> **Data records**
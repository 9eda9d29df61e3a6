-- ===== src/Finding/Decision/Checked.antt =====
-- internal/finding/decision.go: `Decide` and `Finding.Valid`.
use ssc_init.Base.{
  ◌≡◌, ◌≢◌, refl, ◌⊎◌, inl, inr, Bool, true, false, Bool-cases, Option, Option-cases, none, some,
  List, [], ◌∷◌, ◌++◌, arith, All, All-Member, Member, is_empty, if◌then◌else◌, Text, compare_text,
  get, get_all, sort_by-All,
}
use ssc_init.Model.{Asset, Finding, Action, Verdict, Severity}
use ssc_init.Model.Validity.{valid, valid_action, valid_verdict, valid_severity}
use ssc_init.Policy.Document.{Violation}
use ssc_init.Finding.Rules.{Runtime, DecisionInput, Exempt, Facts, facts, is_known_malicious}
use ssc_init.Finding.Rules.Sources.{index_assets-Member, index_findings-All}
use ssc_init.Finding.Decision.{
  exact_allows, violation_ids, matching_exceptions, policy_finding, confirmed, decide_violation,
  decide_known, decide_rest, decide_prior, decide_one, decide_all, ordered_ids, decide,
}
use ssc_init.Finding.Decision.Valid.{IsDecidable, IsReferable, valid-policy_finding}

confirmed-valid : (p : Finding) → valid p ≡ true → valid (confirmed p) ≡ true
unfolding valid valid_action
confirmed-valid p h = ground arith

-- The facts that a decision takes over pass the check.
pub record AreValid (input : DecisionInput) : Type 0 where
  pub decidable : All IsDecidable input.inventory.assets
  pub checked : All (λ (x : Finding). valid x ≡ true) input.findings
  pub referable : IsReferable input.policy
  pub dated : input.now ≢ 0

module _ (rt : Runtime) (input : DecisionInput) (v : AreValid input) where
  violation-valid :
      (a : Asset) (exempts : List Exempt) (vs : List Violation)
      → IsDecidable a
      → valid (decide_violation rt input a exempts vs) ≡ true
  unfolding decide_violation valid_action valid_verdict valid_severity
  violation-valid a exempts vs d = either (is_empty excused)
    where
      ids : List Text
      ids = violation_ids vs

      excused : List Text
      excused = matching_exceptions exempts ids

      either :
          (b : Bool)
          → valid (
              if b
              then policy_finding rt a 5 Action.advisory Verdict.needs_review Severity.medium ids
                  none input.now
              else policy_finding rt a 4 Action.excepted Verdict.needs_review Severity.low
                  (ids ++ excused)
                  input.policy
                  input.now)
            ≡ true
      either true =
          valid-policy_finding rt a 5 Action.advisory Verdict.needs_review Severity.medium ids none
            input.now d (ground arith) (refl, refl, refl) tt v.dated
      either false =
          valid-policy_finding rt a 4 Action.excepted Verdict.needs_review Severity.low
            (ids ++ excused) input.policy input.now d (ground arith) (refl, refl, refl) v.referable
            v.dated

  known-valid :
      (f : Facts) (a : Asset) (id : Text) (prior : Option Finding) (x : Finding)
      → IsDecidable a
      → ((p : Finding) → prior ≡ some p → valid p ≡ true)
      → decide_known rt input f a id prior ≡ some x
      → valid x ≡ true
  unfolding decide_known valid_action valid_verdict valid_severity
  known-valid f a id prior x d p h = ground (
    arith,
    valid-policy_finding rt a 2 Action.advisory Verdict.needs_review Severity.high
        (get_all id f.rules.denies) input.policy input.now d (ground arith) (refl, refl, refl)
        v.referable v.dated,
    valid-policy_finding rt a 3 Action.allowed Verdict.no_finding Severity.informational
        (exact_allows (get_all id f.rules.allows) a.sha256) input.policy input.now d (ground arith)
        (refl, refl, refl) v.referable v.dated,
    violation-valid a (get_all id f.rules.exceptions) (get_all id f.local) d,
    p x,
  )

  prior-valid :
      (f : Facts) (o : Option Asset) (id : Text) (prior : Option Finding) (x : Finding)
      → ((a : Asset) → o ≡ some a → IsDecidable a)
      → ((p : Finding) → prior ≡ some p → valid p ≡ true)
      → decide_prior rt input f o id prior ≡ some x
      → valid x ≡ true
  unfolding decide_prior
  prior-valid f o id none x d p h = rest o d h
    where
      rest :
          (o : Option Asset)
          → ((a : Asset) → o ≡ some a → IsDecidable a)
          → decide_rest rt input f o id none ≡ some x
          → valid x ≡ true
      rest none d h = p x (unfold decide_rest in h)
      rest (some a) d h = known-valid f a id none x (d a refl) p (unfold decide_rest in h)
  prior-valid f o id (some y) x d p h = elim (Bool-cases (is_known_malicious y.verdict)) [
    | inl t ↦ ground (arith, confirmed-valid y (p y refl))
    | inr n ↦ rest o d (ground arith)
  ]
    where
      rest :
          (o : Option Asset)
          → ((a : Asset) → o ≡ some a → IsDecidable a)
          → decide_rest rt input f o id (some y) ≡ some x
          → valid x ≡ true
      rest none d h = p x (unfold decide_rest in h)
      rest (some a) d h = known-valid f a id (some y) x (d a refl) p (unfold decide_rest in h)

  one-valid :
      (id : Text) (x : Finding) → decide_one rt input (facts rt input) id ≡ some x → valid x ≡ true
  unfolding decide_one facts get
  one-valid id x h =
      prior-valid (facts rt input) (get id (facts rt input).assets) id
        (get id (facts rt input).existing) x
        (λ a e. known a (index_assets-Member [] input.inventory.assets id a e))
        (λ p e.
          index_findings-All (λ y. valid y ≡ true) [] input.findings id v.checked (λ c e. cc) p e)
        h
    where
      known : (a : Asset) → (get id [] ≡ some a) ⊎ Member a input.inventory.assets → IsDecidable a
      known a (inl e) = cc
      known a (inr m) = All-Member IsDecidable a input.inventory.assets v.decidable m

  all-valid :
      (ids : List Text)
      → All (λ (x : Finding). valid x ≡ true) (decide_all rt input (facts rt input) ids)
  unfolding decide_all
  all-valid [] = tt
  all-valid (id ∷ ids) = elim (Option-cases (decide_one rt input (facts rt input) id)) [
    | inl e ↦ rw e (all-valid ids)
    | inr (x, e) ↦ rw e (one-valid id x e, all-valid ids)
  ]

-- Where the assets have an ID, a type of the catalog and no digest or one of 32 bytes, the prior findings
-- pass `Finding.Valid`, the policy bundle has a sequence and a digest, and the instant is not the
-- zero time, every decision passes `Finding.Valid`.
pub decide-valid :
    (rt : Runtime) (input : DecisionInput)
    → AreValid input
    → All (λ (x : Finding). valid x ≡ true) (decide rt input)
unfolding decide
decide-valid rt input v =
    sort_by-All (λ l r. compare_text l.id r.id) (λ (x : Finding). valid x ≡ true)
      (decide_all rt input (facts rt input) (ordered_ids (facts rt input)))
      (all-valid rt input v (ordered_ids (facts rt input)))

> **Your instructions**
For this exercise, restate every record word for word.

> **Your response**
repository 9eda9d29df61e3a6
-- ===== src/Finding/Decision/Checked.antt =====
-- internal/finding/decision.go: `Decide` and `Finding.Valid`.
use ssc_init.Base.{
  ◌≡◌, ◌≢◌, refl, ◌⊎◌, inl, inr, Bool, true, false, Bool-cases, Option, Option-cases, none, some,
  List, [], ◌∷◌, ◌++◌, arith, All, All-Member, Member, is_empty, if◌then◌else◌, Text, compare_text,
  get, get_all, sort_by-All,
}
use ssc_init.Model.{Asset, Finding, Action, Verdict, Severity}
use ssc_init.Model.Validity.{valid, valid_action, valid_verdict, valid_severity}
use ssc_init.Policy.Document.{Violation}
use ssc_init.Finding.Rules.{Runtime, DecisionInput, Exempt, Facts, facts, is_known_malicious}
use ssc_init.Finding.Rules.Sources.{index_assets-Member, index_findings-All}
use ssc_init.Finding.Decision.{
  exact_allows, violation_ids, matching_exceptions, policy_finding, confirmed, decide_violation,
  decide_known, decide_rest, decide_prior, decide_one, decide_all, ordered_ids, decide,
}
use ssc_init.Finding.Decision.Valid.{IsDecidable, IsReferable, valid-policy_finding}

confirmed-valid : (p : Finding) → valid p ≡ true → valid (confirmed p) ≡ true
unfolding valid valid_action
confirmed-valid p h = ground arith

-- The facts that a decision takes over pass the check.
pub record AreValid (input : DecisionInput) : Type 0 where
  pub decidable : All IsDecidable input.inventory.assets
  pub checked : All (λ (x : Finding). valid x ≡ true) input.findings
  pub referable : IsReferable input.policy
  pub dated : input.now ≢ 0

module _ (rt : Runtime) (input : DecisionInput) (v : AreValid input) where
  violation-valid :
      (a : Asset) (exempts : List Exempt) (vs : List Violation)
      → IsDecidable a
      → valid (decide_violation rt input a exempts vs) ≡ true
  unfolding decide_violation valid_action valid_verdict valid_severity
  violation-valid a exempts vs d = either (is_empty excused)
    where
      ids : List Text
      ids = violation_ids vs

      excused : List Text
      excused = matching_exceptions exempts ids

      either :
          (b : Bool)
          → valid (
              if b
              then policy_finding rt a 5 Action.advisory Verdict.needs_review Severity.medium ids
                  none input.now
              else policy_finding rt a 4 Action.excepted Verdict.needs_review Severity.low
                  (ids ++ excused)
                  input.policy
                  input.now)
            ≡ true
      either true =
          valid-policy_finding rt a 5 Action.advisory Verdict.needs_review Severity.medium ids none
            input.now d (ground arith) (refl, refl, refl) tt v.dated
      either false =
          valid-policy_finding rt a 4 Action.excepted Verdict.needs_review Severity.low
            (ids ++ excused) input.policy input.now d (ground arith) (refl, refl, refl) v.referable
            v.dated

  known-valid :
      (f : Facts) (a : Asset) (id : Text) (prior : Option Finding) (x : Finding)
      → IsDecidable a
      → ((p : Finding) → prior ≡ some p → valid p ≡ true)
      → decide_known rt input f a id prior ≡ some x
      → valid x ≡ true
  unfolding decide_known valid_action valid_verdict valid_severity
  known-valid f a id prior x d p h = ground (
    arith,
    valid-policy_finding rt a 2 Action.advisory Verdict.needs_review Severity.high
        (get_all id f.rules.denies) input.policy input.now d (ground arith) (refl, refl, refl)
        v.referable v.dated,
    valid-policy_finding rt a 3 Action.allowed Verdict.no_finding Severity.informational
        (exact_allows (get_all id f.rules.allows) a.sha256) input.policy input.now d (ground arith)
        (refl, refl, refl) v.referable v.dated,
    violation-valid a (get_all id f.rules.exceptions) (get_all id f.local) d,
    p x,
  )

  prior-valid :
      (f : Facts) (o : Option Asset) (id : Text) (prior : Option Finding) (x : Finding)
      → ((a : Asset) → o ≡ some a → IsDecidable a)
      → ((p : Finding) → prior ≡ some p → valid p ≡ true)
      → decide_prior rt input f o id prior ≡ some x
      → valid x ≡ true
  unfolding decide_prior
  prior-valid f o id none x d p h = rest o d h
    where
      rest :
          (o : Option Asset)
          → ((a : Asset) → o ≡ some a → IsDecidable a)
          → decide_rest rt input f o id none ≡ some x
          → valid x ≡ true
      rest none d h = p x (unfold decide_rest in h)
      rest (some a) d h = known-valid f a id none x (d a refl) p (unfold decide_rest in h)
  prior-valid f o id (some y) x d p h = elim (Bool-cases (is_known_malicious y.verdict)) [
    | inl t ↦ ground (arith, confirmed-valid y (p y refl))
    | inr n ↦ rest o d (ground arith)
  ]
    where
      rest :
          (o : Option Asset)
          → ((a : Asset) → o ≡ some a → IsDecidable a)
          → decide_rest rt input f o id (some y) ≡ some x
          → valid x ≡ true
      rest none d h = p x (unfold decide_rest in h)
      rest (some a) d h = known-valid f a id (some y) x (d a refl) p (unfold decide_rest in h)

  one-valid :
      (id : Text) (x : Finding) → decide_one rt input (facts rt input) id ≡ some x → valid x ≡ true
  unfolding decide_one facts get
  one-valid id x h =
      prior-valid (facts rt input) (get id (facts rt input).assets) id
        (get id (facts rt input).existing) x
        (λ a e. known a (index_assets-Member [] input.inventory.assets id a e))
        (λ p e.
          index_findings-All (λ y. valid y ≡ true) [] input.findings id v.checked (λ c e. cc) p e)
        h
    where
      known : (a : Asset) → (get id [] ≡ some a) ⊎ Member a input.inventory.assets → IsDecidable a
      known a (inl e) = cc
      known a (inr m) = All-Member IsDecidable a input.inventory.assets v.decidable m

  all-valid :
      (ids : List Text)
      → All (λ (x : Finding). valid x ≡ true) (decide_all rt input (facts rt input) ids)
  unfolding decide_all
  all-valid [] = tt
  all-valid (id ∷ ids) = elim (Option-cases (decide_one rt input (facts rt input) id)) [
    | inl e ↦ rw e (all-valid ids)
    | inr (x, e) ↦ rw e (one-valid id x e, all-valid ids)
  ]

-- Where the assets have an ID, a type of the catalog and no digest or one of 32 bytes, the prior findings
-- pass `Finding.Valid`, the policy bundle has a sequence and a digest, and the instant is not the
-- zero time, every decision passes `Finding.Valid`.
pub decide-valid :
    (rt : Runtime) (input : DecisionInput)
    → AreValid input
    → All (λ (x : Finding). valid x ≡ true) (decide rt input)
unfolding decide
decide-valid rt input v =
    sort_by-All (λ l r. compare_text l.id r.id) (λ (x : Finding). valid x ≡ true)
      (decide_all rt input (facts rt input) (ordered_ids (facts rt input)))
      (all-valid rt input v (ordered_ids (facts rt input)))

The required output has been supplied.